To add a comment to this bug, you must first unarchive it, by sending
a message to control AT debbugs.gnu.org, with unarchive 9681 in the body.
You can then email your comments to 9681 AT debbugs.gnu.org in the normal way.

Toggle the display of automated, internal messages from the tracker.

View this report as an mbox folder, status mbox, maintainer mbox


Report forwarded to bug-gnu-emacs <at> gnu.org:
bug#9681; Package emacs. (Thu, 06 Oct 2011 09:20:02 GMT) Full text and rfc822 format available.

Acknowledgement sent to Štěpán Němec <stepnem <at> gmail.com>:
New bug report received and forwarded. Copy sent to bug-gnu-emacs <at> gnu.org. (Thu, 06 Oct 2011 09:20:02 GMT) Full text and rfc822 format available.

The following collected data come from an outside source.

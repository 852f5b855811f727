-- ===== src/BasalGanglia/Policy.antt =====
-- ActionSelectionPolicy of app/basal_ganglia/policies.py: the demand of a context, the score of a
-- candidate, and the choice.
use text.Mathlib.Text.{◌==◌ as str_beq}
use cortex_cognitive_runtime.Prelude.{
  ℕ, ◌+◌, Bool, true, false, Option, none, some, List, [], ◌∷◌, ◌++◌, leb, ltb, map, if◌then◌else◌,
  String,
}
use cortex_cognitive_runtime.Float.{Float64, ◌<?◌, abs, add, clamp, mul, neg, ratio, sub, sum}
use cortex_cognitive_runtime.Sorting.{sort_with}
use cortex_cognitive_runtime.BasalGanglia.Models.{
  CandidateType, swarm_full, swarm_minimal, tier_1_5_augment, fallback, ActionCandidate,
  ActionSelectionContext, Signal, ne, rpe, synapse, pfc, difficulty, Reason, no_candidates, matched,
  PolicyConfig,
}

-- `_TYPE_PRIORITY`
unfoldable pub type_priority : CandidateType → ℕ
type_priority swarm_full = 0
type_priority swarm_minimal = 1
type_priority tier_1_5_augment = 2
type_priority fallback = 3

module _ {F : Type 0} ⦃fl : Float64 F⦄ where
  -- `_TYPE_COMPUTE_LEVEL`
  unfoldable pub compute_level : CandidateType → F
  compute_level swarm_full = ratio 1 1
  compute_level swarm_minimal = ratio 2 3
  compute_level tier_1_5_augment = ratio 1 3
  compute_level fallback = ratio 0 1

  unfoldable pub difficulty_demand : ℕ → F
  difficulty_demand level =
      if leb 4 level then ratio 1 1 else if leb 2 level then ratio 2 3 else ratio 1 3

  unfoldable pub weight_of : String → List (String × F) → Option F
  weight_of category [] = none
  weight_of category ((key, value) ∷ pairs) =
      if str_beq key category then some value else weight_of category pairs

  unfoldable pub context_synapse : ActionSelectionContext F → Option F
  unfolding weight_of
  context_synapse context = elim context.category [
    | none ↦ none
    | some category ↦ weight_of category context.synapse_weights
  ]

  -- `clamp(x, 0, 1)` and `2 x - 1`
  abbrev pub unit : F → F
  unit x = clamp x (ratio 0 1) (ratio 1 1)

  abbrev pub centered : F → F
  centered x = sub (mul (ratio 2 1) x) (ratio 1 1)

  -- The signed deviation of each signal that is present.
  unfoldable pub deltas : PolicyConfig F → ActionSelectionContext F → List (Signal × F)
  unfolding context_synapse
  deltas cfg context =
      let negative = context.rpe_recent_negative_count in
      let total = context.rpe_recent_positive_count + negative in
      (elim context.lc_ne_level [
        | none ↦ []
        | some level ↦ (ne, mul cfg.ne_demand_factor (unit level)) ∷ []
      ])
      ++ (if ltb 0 total
          then (rpe, mul cfg.rpe_demand_factor (centered (ratio negative total))) ∷ []
          else [])
      ++ (elim (context_synapse context) [
        | none ↦ []
        | some weight ↦ (synapse, mul (neg cfg.synapse_demand_factor) (centered (unit weight))) ∷ []
      ])
      ++ (elim context.pfc_confidence [
        | none ↦ []
        | some confidence ↦ (pfc, mul (neg cfg.pfc_demand_factor) (centered (unit confidence))) ∷ []
      ])

  -- `max` with a key returns the first of the largest.
  unfoldable pub largest : Signal × F → List (Signal × F) → Signal × F
  largest best [] = best
  largest best (x ∷ xs) = largest (if abs best.1 <? abs x.1 then x else best) xs

  unfoldable pub primary_of : List (Signal × F) → Signal
  unfolding largest
  primary_of [] = difficulty
  primary_of (x ∷ xs) =
      let best = largest x xs in if ratio 0 1 <? abs best.1 then best.0 else difficulty

  -- `_demand`
  unfoldable pub demand_of : PolicyConfig F → ActionSelectionContext F → F × Signal
  unfolding deltas difficulty_demand primary_of
  demand_of cfg context =
      let shifts = deltas cfg context in
      (
        unit (add (difficulty_demand context.difficulty) (sum (map (λ s. s.1) shifts))),
        primary_of shifts,
      )

  unfoldable pub score_of : F → CandidateType → F
  unfolding compute_level
  score_of demand kind = unit (sub (ratio 1 1) (abs (sub (compute_level kind) demand)))

  -- The order of the keys (-score, priority, id); `id_lt` is the order of Python's strings.
  unfoldable pub before_by :
      (String → String → Bool) → ActionCandidate F × F → ActionCandidate F × F → Bool
  unfolding type_priority
  before_by id_lt (x, sx) (y, sy) =
      let px = type_priority x.candidate_type in
      let py = type_priority y.candidate_type in
      if sy <? sx
      then true
      else if sx <? sy
      then false
      else if ltb px py
      then true
      else if ltb py px
      then false
      else id_lt x.candidate_id y.candidate_id

  unfoldable pub confidence_of : F → List (ActionCandidate F × F) → F
  confidence_of top_score [] = unit top_score
  confidence_of top_score ((_, second_score) ∷ _) =
      unit (add (mul top_score (ratio 6 10)) (mul (sub top_score second_score) (ratio 4 10)))

  abbrev pub scored : F → List (ActionCandidate F) → List (ActionCandidate F × F)
  scored demand = map (λ c. (c, score_of demand c.candidate_type))

  unfoldable pub select_by :
      F × Signal → List (ActionCandidate F × F) → Option (ActionCandidate F) × F × Reason F
  unfolding confidence_of compute_level
  select_by demand [] = (none, ratio 0 1, no_candidates)
  select_by (demand, primary) ((top, top_score) ∷ rest) = (
    some top,
    confidence_of top_score rest,
    matched top.candidate_type (compute_level top.candidate_type) demand top_score primary,
  )

  -- `select`
  unfoldable pub select :
      (String → String → Bool)
      → PolicyConfig F
      → ActionSelectionContext F
      → List (ActionCandidate F)
      → Option (ActionCandidate F) × F × Reason F
  unfolding select_by demand_of score_of before_by sort_with
  select id_lt cfg context candidates =
      let demand = demand_of cfg context in
      select_by demand (sort_with (before_by id_lt) (scored demand.0 candidates))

Message #5 received at submit <at> debbugs.gnu.org (full text, mbox):

From: Štěpán Němec <stepnem <at> gmail.com>
To: bug-gnu-emacs <bug-gnu-emacs <at> gnu.org>
Subject: Broken behaviour of re-search-backward (.+ matching only a single
	character)
Date: Thu, 06 Oct 2011 11:13:26 +0200
Quoting from <http://permalink.gmane.org/gmane.emacs.gnus.user/15052>:

===========

> What am I doing wrong?

Nothing, I think :-). I personally don't use fancy split-
ting, but a deeper look at (at least Gnus 5.13's) code seems
to locate the culprit in Emacs' *backward* regular expres-
sion "non-greedity": Position point at the end of
"bugzilla.gdm", C-u C-r "\w+" - et voilà, only one character
is matched.

============

If this curious inconsistency of `re-search-backward' with
`re-search-forward' is intentional (which I hope it is not), it should
be documented, but I couldn't find anything in the manuals or
docstrings.

-- 
Štěpán




Information forwarded to bug-gnu-emacs <at> gnu.org:
bug#9681; Package emacs. (Thu, 06 Oct 2011 12:58:02 GMT) Full text and rfc822 format available.

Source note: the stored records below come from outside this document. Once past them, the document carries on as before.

-- ===== src/BasalGanglia/Advisor.antt =====
-- BasalGangliaAdvisor of app/basal_ganglia/advisor.py and the call of it in _basal_ganglia_apply of
-- app/api/routes.py. `same` is the equality of candidates that the dataclass generates, `id_lt` the
-- order of Python's strings.
use text.Mathlib.Text.{◌==◌ as str_beq}
use cortex_cognitive_runtime.Prelude.{
  Bool, false, Option, none, some, List, [], ◌∷◌, map, if◌then◌else◌, String, is_some, ℕ,
}
use cortex_cognitive_runtime.Float.{Float64, ratio}
use cortex_cognitive_runtime.Routing.Task.{TaskContext, level}
use cortex_cognitive_runtime.Rpe.RecentCounter.{RecentCounter, counts}
use cortex_cognitive_runtime.BasalGanglia.Models.{
  CandidateType, swarm_full, swarm_minimal, tier_1_5_augment, fallback, ActionCandidate,
  ActionSelectionContext, ActionSelectionDecision, error, PolicyConfig, candidate_ok, context_ok,
  decision_ok,
}
use cortex_cognitive_runtime.BasalGanglia.Policy.{context_synapse, select}

-- The f-string `default:{ctype}`
unfoldable pub default_id : CandidateType → String
default_id swarm_full = "default:swarm_full"
default_id swarm_minimal = "default:swarm_minimal"
default_id tier_1_5_augment = "default:tier_1_5_augment"
default_id fallback = "default:fallback"

abbrev pub default_types : List CandidateType
default_types = swarm_full ∷ swarm_minimal ∷ tier_1_5_augment ∷ fallback ∷ []

-- What the apply stage reads of the prefrontal cortex's decision.
pub record PfcSnapshot (F : Type 0) : Type 0 where
  pub cue_type : String
  pub confidence : F
  pub intent_category : Option String

-- `_safe_getattr_str`
unfoldable pub non_empty : Option String → Option String
non_empty none = none
non_empty (some s) = if str_beq s "" then none else some s

unfoldable pub recent_counts : Option RecentCounter → String → Option String → ℕ × ℕ
unfolding counts non_empty
recent_counts none session category = (0, 0)
recent_counts (some counter) session category = elim (non_empty category) [
  | none ↦ (0, 0)
  | some c ↦ counts (record { session = session; category = c }) counter
]

module _ {F : Type 0} ⦃fl : Float64 F⦄ where
  unfoldable pub default_candidate : ActionSelectionContext F → CandidateType → ActionCandidate F
  unfolding default_id context_synapse
  default_candidate context kind = record {
    candidate_id = default_id kind;
    candidate_type = kind;
    target_category = context.category;
    synapse_weight = context_synapse context;
    pfc_confidence = context.pfc_confidence;
    lc_ne_level = context.lc_ne_level;
    rpe_recent_positive_count = context.rpe_recent_positive_count;
    rpe_recent_negative_count = context.rpe_recent_negative_count;
    metadata = [];
  }

  -- The constructors raise where a validator refuses: no result then.
  unfoldable pub all_built : List (ActionCandidate F) → Option (List (ActionCandidate F))
  unfolding candidate_ok
  all_built [] = some []
  all_built (c ∷ cs) =
      let rest = all_built cs in
      if candidate_ok c then elim rest [ none ↦ none | some l ↦ some (c ∷ l) ] else none

  unfoldable pub build_default_candidates :
      ActionSelectionContext F → Option (List (ActionCandidate F))
  unfolding all_built default_candidate
  build_default_candidates context = all_built (map (default_candidate context) default_types)

  -- The answer of the `except` clause
  unfoldable pub fail_safe : ActionSelectionContext F → ActionSelectionDecision F
  fail_safe context = record {
    context = context;
    candidates = [];
    selected = none;
    confidence = ratio 0 1;
    reason = error;
    applied = false;
  }

  -- `evaluate`, with `none` for the candidates
  unfoldable pub evaluate_built :
      (ActionCandidate F → ActionCandidate F → Bool)
      → (String → String → Bool)
      → PolicyConfig F
      → ActionSelectionContext F
      → Option (List (ActionCandidate F))
      → ActionSelectionDecision F
  unfolding select fail_safe decision_ok
  evaluate_built same id_lt cfg context none = fail_safe context
  evaluate_built same id_lt cfg context (some candidates) =
      let (selected, confidence, reason) = select id_lt cfg context candidates in
      let decision : ActionSelectionDecision F = record {
        context = context;
        candidates = candidates;
        selected = selected;
        confidence = confidence;
        reason = reason;
        applied = false;
      } in
      if decision_ok same decision then decision else fail_safe context

  unfoldable pub evaluate :
      (ActionCandidate F → ActionCandidate F → Bool)
      → (String → String → Bool)
      → PolicyConfig F
      → ActionSelectionContext F
      → ActionSelectionDecision F
  unfolding evaluate_built build_default_candidates
  evaluate same id_lt cfg context =
      evaluate_built same id_lt cfg context (build_default_candidates context)

  -- The context that the apply stage builds of a request.
  unfoldable pub request_context :
      Option (PfcSnapshot F)
      → Option RecentCounter
      → String
      → TaskContext F
      → ActionSelectionContext F
  unfolding recent_counts level non_empty
  request_context pfc counter session t =
      let (positive, negative) = recent_counts counter session t.category in
      record {
        trace_id = t.trace_id;
        session_id = some session;
        category = t.category;
        difficulty = level t.difficulty;
        pfc_active = is_some pfc;
        pfc_cue_type = elim pfc [ none ↦ none | some p ↦ non_empty (some p.cue_type) ];
        pfc_confidence = elim pfc [ none ↦ none | some p ↦ some p.confidence ];
        pfc_intent_category = elim pfc [ none ↦ none | some p ↦ non_empty p.intent_category ];
        lc_ne_level = some (if t.ne_boost then ratio 1 1 else ratio 0 1);
        lc_intent_label = none;
        synapse_weights = t.synapse_snapshot;
        ifom_ttl_overrides = [];
        rpe_recent_positive_count = positive;
        rpe_recent_negative_count = negative;
        metadata = [];
      }

  -- The type of the candidate that the apply stage is given; none where an exception is caught.
  unfoldable pub recommended :
      (ActionCandidate F → ActionCandidate F → Bool)
      → (String → String → Bool)
      → PolicyConfig F
      → ActionSelectionContext F
      → Option CandidateType
  unfolding evaluate context_ok
  recommended same id_lt cfg context =
      let decision = evaluate same id_lt cfg context in
      if context_ok context
      then elim decision.selected [ none ↦ none | some c ↦ some c.candidate_type ]
      else none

Message #8 received at 9681 <at> debbugs.gnu.org (full text, mbox):

From: Stefan Monnier <monnier <at> iro.umontreal.ca>
To: Štěpán Němec <stepnem <at> gmail.com>
Cc: 9681 <at> debbugs.gnu.org
Subject: Re: bug#9681: Broken behaviour of re-search-backward (.+ matching
	only a single character)
Date: Thu, 06 Oct 2011 08:57:09 -0400
> If this curious inconsistency of `re-search-backward' with
> `re-search-forward' is intentional (which I hope it is not), it should
> be documented, but I couldn't find anything in the manuals or
> docstrings.

re-search-* stops at the first character position that has a match.
And then it chooses the longest match at that position.


        Stefan




Information forwarded to bug-gnu-emacs <at> gnu.org:
bug#9681; Package emacs. (Thu, 06 Oct 2011 18:55:02 GMT) Full text and rfc822 format available.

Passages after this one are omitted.